Scherr never disavowed Judaism, according to his siblings. While he had not been observant for decades and was not raising his daughter Jewish, he never expressed a desire to convert to another faith, they said.[. . .]
“There is no disjunction,” said [rabbinical student in a Jewish Renewal trans-denominational program, Rachel] Barenblit, who has written about her own encounters with Eastern spirituality in India. “The American-Jewish community has gotten a lot better at integrating things. We don’t have to be threatened by practices that have a Buddhist connotation or a Buddhist flavor.”
But not everyone is so sanguine about the spiritual union. At a memorial service for Scherr, in Baltimore, the Orthodox rabbi who officiated the service, Rabbi Shlomo Porter, compared Scherr’s search for spirituality in Indian faith traditions to an old parable about a man who searches far and wide for treasure — only to find it within his own home: “The tragedy is that people are finding Eastern spirituality more accessible to them than Jewish spirituality, and that they feel it comes with less baggage.”
P.S. By the way, although I never got around to reviewing it as I had nothing new to add to what had been posted on Amazon, Yossi Klein Halevi's 2001 book "At the Entrance to the Garden of Eden: A Jew's Search for God with Christians and Muslims in the Holy Land" remains one of the best books on spiritual searching I've ever found. One of the few titles that I checked out of the library but later bought. To me, the supreme compliment of a volume's value!

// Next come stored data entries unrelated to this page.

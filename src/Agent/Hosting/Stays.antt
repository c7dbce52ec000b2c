-- ===== src/Agent/Hosting/Stays.antt =====
-- An attempt to connect leaves the identity and the key that are there: `AgentTunnel::connect`
-- of crates/cli/src/tunnel.rs.
use gamenet.Base.{ℕ, ◌≡◌, refl, sym, ◌∙◌, Option, none, some, List, Result, ok, err, arith}
use gamenet.Errors.{Error}
use gamenet.Protocol.{TunnelToken}
use gamenet.Identity.{
  FilePath, Node, FileSystem, stat, Faults, M, and_then, ◌>>=◌, symlink_metadata, load_node,
  load_or_create_at,
}
use gamenet.Identity.Files.{content, Keeps, Keeps-read_existing, Keeps-load_or_create_at}
use gamenet.Identity.Paths.{
  Environment, identity_path, recovery_path, recovery_path-ne, load_or_create,
  load_or_create_recovery,
}
use gamenet.Agent.{connect_quic, registered_port}
use gamenet.Agent.Acknowledged.{Keeps-connect_quic}
use gamenet.Agent.Hosting.{Attempt, registration_answer, registration, connect}

-- The action leaves these bytes at the path where they are.
abbrev pub Stays : FilePath → TunnelToken → {A : Type 0} → M A → Type 0
Stays p t m = (fs : FileSystem) → content (fs p) ≡ some t → content ((m fs).0 p) ≡ some t

module _ (p : FilePath) (t : TunnelToken) where
  pub Stays-bind :
      {A B : Type 0} (m : M A) (f : A → M B)
      → Stays p t m
      → ((a : A) → Stays p t (f a))
      → Stays p t (m >>= f)
  Stays-bind {A} m f h k fs e = go (m fs) (h fs e)
    where
      go :
          (r : FileSystem × Result Error A)
          → content (r.0 p) ≡ some t
          → content ((and_then r f).0 p) ≡ some t
      go (fs', ok a) q = k a fs' q
      go (fs', err x) q = q

  pub Stays-Keeps : {A : Type 0} (m : M A) → Keeps p m → Stays p t m
  Stays-Keeps m k fs e = k fs ∙ e

  Stays-registration_answer : (r : Result Error ℕ) → Stays p t (registration_answer r)
  Stays-registration_answer (ok port) fs e = e
  Stays-registration_answer (err x) fs e = e

  -- An identity that is there is loaded, and not replaced.
  Stays-load_or_create_at :
      (faults : Faults) (candidate : TunnelToken) → Stays p t (load_or_create_at faults p candidate)
  unfolding load_or_create_at
  Stays-load_or_create_at faults candidate fs e = go (faults stat)
    where
      node :
          (o : Option Node)
          → content o ≡ some t
          → fs p ≡ o
          → content ((load_node faults p candidate o fs).0 p) ≡ some t
      node none c q = absurd (ground arith)
      node (some x) c q = Keeps-read_existing p faults p fs ∙ e

      go :
          (o : Option Error)
          → content
              (((symlink_metadata (λ _. o) p >>= (λ n. load_node faults p candidate n)) fs).0 p)
            ≡ some t
      go none = node (fs p) e refl
      go (some x) = e

module _ (sha256 : List ℕ → List ℕ) (env : Environment) (local_port : ℕ) where
  pub connect-Stays_identity :
      (a : Attempt) (t : TunnelToken)
      → Stays (identity_path env) t (connect sha256 env local_port a)
  unfolding connect load_or_create load_or_create_recovery
  connect-Stays_identity a t =
      let p = identity_path env in
      Stays-bind p t (load_or_create_at a.faults p a.candidate) _
        (Stays-load_or_create_at p t a.faults a.candidate)
        λ token.
          Stays-bind p t (load_or_create_at a.faults (recovery_path env) a.recovery_candidate) _
            (Stays-Keeps p t (load_or_create_at a.faults (recovery_path env) a.recovery_candidate) (
              Keeps-load_or_create_at p a.faults (recovery_path env) a.recovery_candidate
                (recovery_path-ne env)))
            λ secret.
              Stays-bind p t (connect_quic a.connected) _
                (Stays-Keeps p t (connect_quic a.connected) (Keeps-connect_quic p a.connected))
                λ _.
                  Stays-registration_answer p t
                    (registered_port (a.relay (registration sha256 env local_port token secret)))

  pub connect-Stays_recovery :
      (a : Attempt) (s : TunnelToken)
      → Stays (recovery_path env) s (connect sha256 env local_port a)
  unfolding connect load_or_create load_or_create_recovery
  connect-Stays_recovery a s =
      let p = recovery_path env in
      Stays-bind p s (load_or_create_at a.faults (identity_path env) a.candidate) _
        (Stays-Keeps p s (load_or_create_at a.faults (identity_path env) a.candidate) (
          Keeps-load_or_create_at p a.faults (identity_path env) a.candidate
            (λ e. recovery_path-ne env (sym e))))
        λ token.
          Stays-bind p s (load_or_create_at a.faults p a.recovery_candidate) _
            (Stays-load_or_create_at p s a.faults a.recovery_candidate)
            λ secret.
              Stays-bind p s (connect_quic a.connected) _
                (Stays-Keeps p s (connect_quic a.connected) (Keeps-connect_quic p a.connected))
                λ _.
                  Stays-registration_answer p s
                    (registered_port (a.relay (registration sha256 env local_port token secret)))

Photo: I could not locate on-line the NYT snapshot of the devastated interior of Nariman House. Instead, this illustration from the Dec. 4, 2008 issue of The Forward. Also noteworthy: the fact that Alan Scherr (I note the distinction of only the father in the article as the "Jewish victim.") likewise received an Orthodox funeral. Caption: "AN ORPHAN’S CRY: Two-year-old Moshe Holtzberg cries out 'Ima, Ima!' ('Mommy, Mommy!') at a memorial service in Mumbai’s Keneseth Eliyahoo synagogue for his murdered parents, Gavriel and Rivka Holtzberg."